Faculty of Medicine, School of Public Health and Community Medicine, University of New South Wales, Sydney, New South Wales, Australia.
Clinical Governance Unit, Sydney Children's Hospitals Network, Sydney, New South Wales, Australia.
Health Expect. 2019 Dec;22(6):1199-1212. doi: 10.1111/hex.12968. Epub 2019 Sep 27.
To systematically identify and synthesize peer-reviewed qualitative evidence of the parental experience of hospitalization with a child with Intellectual Disability.
Key words, synonyms and MeSH subject headings that related to the three key concepts of parental experience, children with Intellectual Disability and hospital settings were applied to six electronic databases: Medline, CINAHL, Embase, PsycINFO, Scopus and Web of Science. Titles and abstracts of publications between January 2000 and February 2019 were screened for relevance.
Empirical qualitative research involved participants aged 0-18 years, involved children with Intellectual Disability, involved participants hospitalized as an in-patient and involved participants focused on parent perspective.

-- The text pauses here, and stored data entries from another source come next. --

-- ===== src/Identity/Sessions/Rows.antt =====
-- What the statements on `sessions` and `refresh_tokens` leave as it is.
use sentriqora.Base.{
  ℕ, suc, ◌≤◌, ◌<◌, ◌≡◌, inl, inr, refl, sym, ap, ◌∙◌, Bool, true, false, ◌==◌, ◌||◌, List, [], ◌∷◌,
  ◌++◌, ok, any, All, All-append, any-false, any-update_where, any-append, any-append-last, any-All,
  update_where, update_where-All, arith, Bool-cases,
}
use sentriqora.Identity.Store.{Session, RefreshToken, Accounts, is_none}
use sentriqora.Identity.Sessions.{has_hash, is_unrevoked, is_live, has_parent, insert_token}

-- A row with the id of a token has its hash and its session, and one with its hash has its id.
abbrev pub SameRow : (id hash session : ℕ) → RefreshToken → Type 0
SameRow id hash session u =
    (u.id ≡ id → (u.token_hash ≡ hash) × (u.session_id ≡ session))
    × (u.token_hash ≡ hash → u.id ≡ id)

pub record IsKnown (s : Accounts) (id hash session : ℕ) : Type 0 where
  pub below : id < s.next_id
  pub bounded : session < s.next_id
  pub rows : All (SameRow id hash session) s.refresh_tokens
  pub present : any (has_hash hash) s.refresh_tokens ≡ true

-- No token with the hash is live.
pub record IsSpent (s : Accounts) (hash : ℕ) : Type 0 where
  pub present : any (has_hash hash) s.refresh_tokens ≡ true
  pub dead : All (λ t. t.token_hash ≡ hash → is_live t ≡ false) s.refresh_tokens

-- The session is revoked, and no new one gets its id.
pub record IsClosed (s : Accounts) (session : ℕ) : Type 0 where
  pub below : session < s.next_id
  pub revoked : any (is_unrevoked session) s.sessions ≡ false

pub record Keeps (s s' : Accounts) : Type 0 where
  pub known : (id hash session : ℕ) → IsKnown s id hash session → IsKnown s' id hash session
  pub spent : (hash : ℕ) → IsSpent s hash → IsSpent s' hash
  pub closed : (session : ℕ) → IsClosed s session → IsClosed s' session

pub Keeps-trans : (s s' s'' : Accounts) → Keeps s s' → Keeps s' s'' → Keeps s s''
Keeps-trans s s' s'' first second = record {
  known = λ id hash session k. second.known id hash session (first.known id hash session k);
  spent = λ hash k. second.spent hash (first.spent hash k);
  closed = λ session k. second.closed session (first.closed session k);
}

-- A statement on other tables.
pub frame-Keeps :
    (s s' : Accounts)
    → s'.refresh_tokens ≡ s.refresh_tokens
    → s'.sessions ≡ s.sessions
    → s.next_id ≤ s'.next_id
    → Keeps s s'
frame-Keeps s s' tokens sessions next = record {
  known = λ id hash session k. record {
    below = omega (arith, k.below, next);
    bounded = omega (arith, k.bounded, next);
    rows = rw tokens k.rows;
    present = rw tokens k.present;
  };
  spent = λ hash k. record { present = rw tokens k.present; dead = rw tokens k.dead };
  closed =
      λ session k. record { below = omega (arith, k.below, next); revoked = rw sessions k.revoked };
}

-- An update that keeps the id, the hash and the session, and revives no token.
pub record IsLowering (f : RefreshToken → RefreshToken) : Type 0 where
  pub id : (t : RefreshToken) → (f t).id ≡ t.id
  pub hash : (t : RefreshToken) → (f t).token_hash ≡ t.token_hash
  pub session : (t : RefreshToken) → (f t).session_id ≡ t.session_id
  pub live : (t : RefreshToken) → is_live (f t) ≡ true → is_live t ≡ true

not-live :
    (f : RefreshToken → RefreshToken) (t : RefreshToken)
    → IsLowering f
    → is_live t ≡ false
    → is_live (f t) ≡ false
not-live f t l dead = elim (Bool-cases (is_live (f t))) [
  | inl now ↦ absurd (ground (arith, l.live t now, dead))
  | inr h ↦ h
]

abbrev pub with_tokens : Accounts → List RefreshToken → Accounts
with_tokens s ts = record s { refresh_tokens = ts }

abbrev pub with_sessions : Accounts → List Session → Accounts
with_sessions s xs = record s { sessions = xs }

pub update_tokens-Keeps :
    (q : RefreshToken → Bool) (f : RefreshToken → RefreshToken) (s : Accounts)
    → IsLowering f
    → Keeps s (with_tokens s (update_where q f s.refresh_tokens))
update_tokens-Keeps q f s l = record {
  known = λ id hash session k. record {
    below = k.below;
    bounded = k.bounded;
    rows =
        update_where-All (SameRow id hash session) (SameRow id hash session) q f s.refresh_tokens
          (λ t _ same. (
            λ e. (
              l.hash t ∙ (same.0 (sym (l.id t) ∙ e)).0,
              l.session t ∙ (same.0 (sym (l.id t) ∙ e)).1,
            ),
            λ e. l.id t ∙ same.1 (sym (l.hash t) ∙ e),
          ))
          (λ t same. same) k.rows;
    present = present_after hash ∙ k.present;
  };
  spent = λ hash k. record {
    present = present_after hash ∙ k.present;
    dead =
        update_where-All (λ t. t.token_hash ≡ hash → is_live t ≡ false)
          (λ t. t.token_hash ≡ hash → is_live t ≡ false) q f s.refresh_tokens
          (λ t _ dead e. not-live f t l (dead (sym (l.hash t) ∙ e))) (λ t dead. dead) k.dead;
  };
  closed = λ session k. record { below = k.below; revoked = k.revoked };
}
  where
    present_after :
        (hash : ℕ)
        → any (has_hash hash) (update_where q f s.refresh_tokens)
          ≡ any (has_hash hash) s.refresh_tokens
    present_after hash =
        any-update_where (has_hash hash) q f s.refresh_tokens λ t _. ap (λ h. h == hash) (l.hash t)

-- An update that keeps the id, and does not undo a revocation.
pub record IsClosing (f : Session → Session) : Type 0 where
  pub id : (x : Session) → (f x).id ≡ x.id
  pub revoked : (x : Session) → is_none (f x).revoked_at ≡ true → is_none x.revoked_at ≡ true

still_revoked :
    (f : Session → Session) (session : ℕ) (x : Session)
    → IsClosing f
    → is_unrevoked session x ≡ false
    → is_unrevoked session (f x) ≡ false
still_revoked f session x c h = elim (Bool-cases (is_none (f x).revoked_at)) [
  | inl now ↦ rw (c.id x, now) (rw (c.revoked x now) at h)
  | inr never ↦ rw (c.id x, never) (ground arith)
]

pub update_sessions-Keeps :
    (q : Session → Bool) (f : Session → Session) (s : Accounts)
    → IsClosing f
    → Keeps s (with_sessions s (update_where q f s.sessions))
update_sessions-Keeps q f s c = record {
  known = λ id hash session k. record {
    below = k.below;
    bounded = k.bounded;
    rows = k.rows;
    present = k.present;
  };
  spent = λ hash k. record { present = k.present; dead = k.dead };
  closed = λ session k. record {
    below = k.below;
    revoked = any-false (is_unrevoked session) _ (
        update_where-All (λ x. is_unrevoked session x ≡ false) (λ x. is_unrevoked session x ≡ false)
          q f s.sessions (λ x _ h. still_revoked f session x c h) (λ x h. h)
          (any-All (is_unrevoked session) s.sessions k.revoked));
  };
}

abbrev pub with_token : Accounts → RefreshToken → Accounts
with_token s t = record s { refresh_tokens = s.refresh_tokens ++ t ∷ []; next_id = suc s.next_id }

abbrev pub with_session : Accounts → Session → Accounts
with_session s x = record s { sessions = s.sessions ++ x ∷ []; next_id = suc s.next_id }

any-left :
    {A : Type 0} (p q : A → Bool) (xs : List A)
    → any (λ x. p x || q x) xs ≡ false
    → any p xs ≡ false
any-left p q [] h = refl
any-left p q (x ∷ xs) h = elim (Bool-cases (p x)) [
  | inl hit ↦ absurd (ground (arith, hit, h))
  | inr miss ↦ elim (Bool-cases (q x)) [
    | inl hit ↦ absurd (ground (arith, miss, hit, h))
    | inr never ↦ rw miss (any-left p q xs (rw (miss, never) at h))
  ]
]

-- An insertion that does not throw, of a hash that no row has.
pub insert_token_cases :
    (t : RefreshToken) (s s' : Accounts)
    → insert_token t s ≡ ok s'
    → (any (has_hash t.token_hash) s.refresh_tokens ≡ false) × (s' ≡ with_token s t)
unfolding insert_token
insert_token_cases t s s' h =
    ground
      (arith, h, any-left (has_hash t.token_hash) (has_parent t.parent_token_id) s.refresh_tokens)

pub with_token-Keeps :
    (t : RefreshToken) (s : Accounts)
    → t.id ≡ s.next_id
    → any (has_hash t.token_hash) s.refresh_tokens ≡ false
    → Keeps s (with_token s t)
with_token-Keeps t s fresh unused = record {
  known = λ id hash session k. record {
    below = omega (arith, k.below);
    bounded = omega (arith, k.bounded);
    rows = All-append (SameRow id hash session) s.refresh_tokens (t ∷ []) k.rows (
      (λ e. absurd (omega (arith, k.below, fresh, e)), λ e. absurd (other hash k.present e)),
      tt,
    );
    present = any-append (has_hash hash) s.refresh_tokens (t ∷ []) k.present;
  };
  spent = λ hash k. record {
    present = any-append (has_hash hash) s.refresh_tokens (t ∷ []) k.present;
    dead =
        All-append (λ u. u.token_hash ≡ hash → is_live u ≡ false) s.refresh_tokens (t ∷ []) k.dead
          (λ e. absurd (other hash k.present e), tt);
  };
  closed = λ session k. record { below = omega (arith, k.below); revoked = k.revoked };
}
  where
    other : (hash : ℕ) → any (has_hash hash) s.refresh_tokens ≡ true → t.token_hash ≡ hash → ⊥
    other hash present e = ground (arith, rw e at unused, present)

pub with_session-Keeps :
    (x : Session) (s : Accounts) → x.id ≡ s.next_id → Keeps s (with_session s x)
with_session-Keeps x s fresh = record {
  known = λ id hash session k. record {
    below = omega (arith, k.below);
    bounded = omega (arith, k.bounded);
    rows = k.rows;
    present = k.present;
  };
  spent = λ hash k. record { present = k.present; dead = k.dead };
  closed = λ session k. record {
    below = omega (arith, k.below);
    revoked =
        any-append-last (is_unrevoked session) s.sessions x
        ∙ rw k.revoked (ground (arith, k.below, fresh));
  };
}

Data were extracted and synthesized using a meta-narrative approach.
Eleven publications met the inclusion criteria. Data synthesis revealed three research traditions contributing to this meta-narrative: Paediatric Nursing Practice, Intellectual Disability Healthcare and Patient Experience. A total of five themes were identified: (a) being more than a parent, (b) importance of role negotiation, (c) building trust and relationships, (d) the cumulative effect of previous experiences of hospitalization and (e) knowing the child as an individual.
This review presents a working model for professional-parent partnership for the safe care of children with Intellectual Disability in hospital. Shifting paediatric healthcare to whole of hospital/multidisciplinary models of care that centre on the child will necessitate partnerships with the parent to identify and manage the needs of the child with Intellectual Disability, in order to achieve safe and equitable care for these children.
系统识别和综合同行评议的定性证据,了解父母陪伴患有智力残疾的孩子住院的经历。
使用与父母体验、智力残疾儿童和医院环境这三个关键概念相关的关键词、同义词和 MeSH 主题词,对 6 个电子数据库(Medline、CINAHL、Embase、PsycINFO、Scopus 和 Web of Science)进行检索。筛选出版物的标题和摘要以确定其相关性。
实证性定性研究的参与者年龄为 0-18 岁,涉及智力残疾儿童,涉及住院的住院患者,以及关注父母视角的参与者。
使用元叙述方法提取和综合数据。
符合纳入标准的出版物共有 11 篇。数据综合揭示了促成这一元叙述的三个研究传统:儿科护理实践、智力残疾医疗保健和患者体验。共确定了五个主题:(a)不只是父母,(b)角色协商的重要性,(c)建立信任和关系,(d)以前住院经历的累积效应,(e)了解作为个体的孩子。
本综述提出了一种专业-家长伙伴关系的工作模式,以确保在医院中安全照顾智力残疾儿童。将儿科医疗保健转向以儿童为中心的全院/多学科护理模式,将需要与家长建立伙伴关系,以确定和管理智力残疾儿童的需求,从而为这些儿童提供安全和平等的护理。